**Problem details**
Where does the string "some" occur in the records below? Copy every line that holds it.

**Data for processing**
--------------------------------
-- ===== src/Tests/TorAgent.antt =====
-- A sync of the tor agent on a disk on which only the mounted files stand.
use tor_controller.Base.{true, false, none, some, List, [], ◌∷◌, ◌≡◌, refl, str_eq, if◌then◌else◌}
use tor_controller.Base.Exec.{ok, ◌>>=◌}
use tor_controller.Base.Disk.{
  Disk, File, Os, Entry, stat, open_file, read_file, write_file, chmod, mkdir, read_dir,
}
use tor_controller.Apis.OnionServiceUtil.{get_version}
use tor_controller.Agents.Tor.Controller.Paths.{unequal}
use tor_controller.Kube.Client.{onion_service}
use tor_controller.Kube.Full.{full, everything}
use tor_controller.Apis.Types.{OnionService}
use tor_controller.Agents.Daemon.{new_daemon, tor_reload}
use tor_controller.Agents.Tor.Files.{copy_if_not_exist}
use tor_controller.Agents.Tor.Files.Copied.{copy_if_not_exist-copies}
use tor_controller.Agents.Tor.Controller.{Agent, sync_onion_service}
use tor_controller.Agents.Tor.Controller.Ready.{Ready}
use tor_controller.Agents.Tor.Controller.Again.{
  sync_onion_service-Ready, sync_onion_service-settles,
}

abbrev auth_file : List Entry
auth_file =
    record { name = "alice.auth"; directory = false }
    ∷ record { name = "..data"; directory = true }
    ∷ []

-- An operating system on which every call succeeds.
abbrev calm : Os
calm = record {
  read_fault = λ p d. none;
  stat_fault = λ p d. none;
  write_fault = λ p d. none;
  mkdir_fault = λ p d. none;
  chmod_fault = λ p d. none;
  read_dir = λ p d. ok auth_file;
  created_mode = λ m. m;
}

abbrev address : File
address = record { text = "abc.onion\n"; mode = 256 }

abbrev mounted : Disk
mounted = record {
  files = λ p. if str_eq p "/run/tor/service/key/hostname" then some address else none;
  is_dir = λ p. false;
}

abbrev plain : OnionService
plain = everything onion_service (record { name = "hidden"; namespace = "apps" })

abbrev hidden : OnionService
hidden = record plain { spec = record plain.spec { master_onion_address = "master.onion" } }

abbrev agent : Agent full
agent = record { disk = mounted; daemon = new_daemon; cluster = tt }

copy_if_not_exist-copies_example :
    (f : File) × (mounted.files "/run/tor/service/key/hostname" ≡ some f)
    × ((copy_if_not_exist calm "/run/tor/service/key/hostname" "/run/tor/service/hostname"
            mounted).1.files
          "/run/tor/service/hostname"
        ≡ some f)
unfolding copy_if_not_exist stat ◌>>=◌ open_file write_file chmod
copy_if_not_exist-copies_example =
    copy_if_not_exist-copies calm "/run/tor/service/key/hostname" "/run/tor/service/hostname"
      (unequal "/run/tor/service/hostname" "/run/tor/service/key/hostname" refl) mounted refl refl

sync_onion_service-Ready_example : Ready hidden (sync_onion_service full calm hidden agent).1.disk
unfolding sync_onion_service ◌>>=◌ read_file write_file copy_if_not_exist stat chmod get_version
    read_dir mkdir tor_reload new_daemon
sync_onion_service-Ready_example = sync_onion_service-Ready full calm hidden agent refl

sync_onion_service-settles_example :
    (sync_onion_service full calm hidden (sync_onion_service full calm hidden agent).1).1.daemon
    ≡ (sync_onion_service full calm hidden agent).1.daemon
unfolding sync_onion_service ◌>>=◌ read_file write_file copy_if_not_exist stat chmod get_version
    read_dir mkdir tor_reload new_daemon
sync_onion_service-settles_example = sync_onion_service-settles full calm hidden agent refl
--------------------------------
**Task response**
use tor_controller.Base.{true, false, none, some, List, [], ◌∷◌, ◌≡◌, refl, str_eq, if◌then◌else◌}
  files = λ p. if str_eq p "/run/tor/service/key/hostname" then some address else none;
    (f : File) × (mounted.files "/run/tor/service/key/hostname" ≡ some f)
        ≡ some f)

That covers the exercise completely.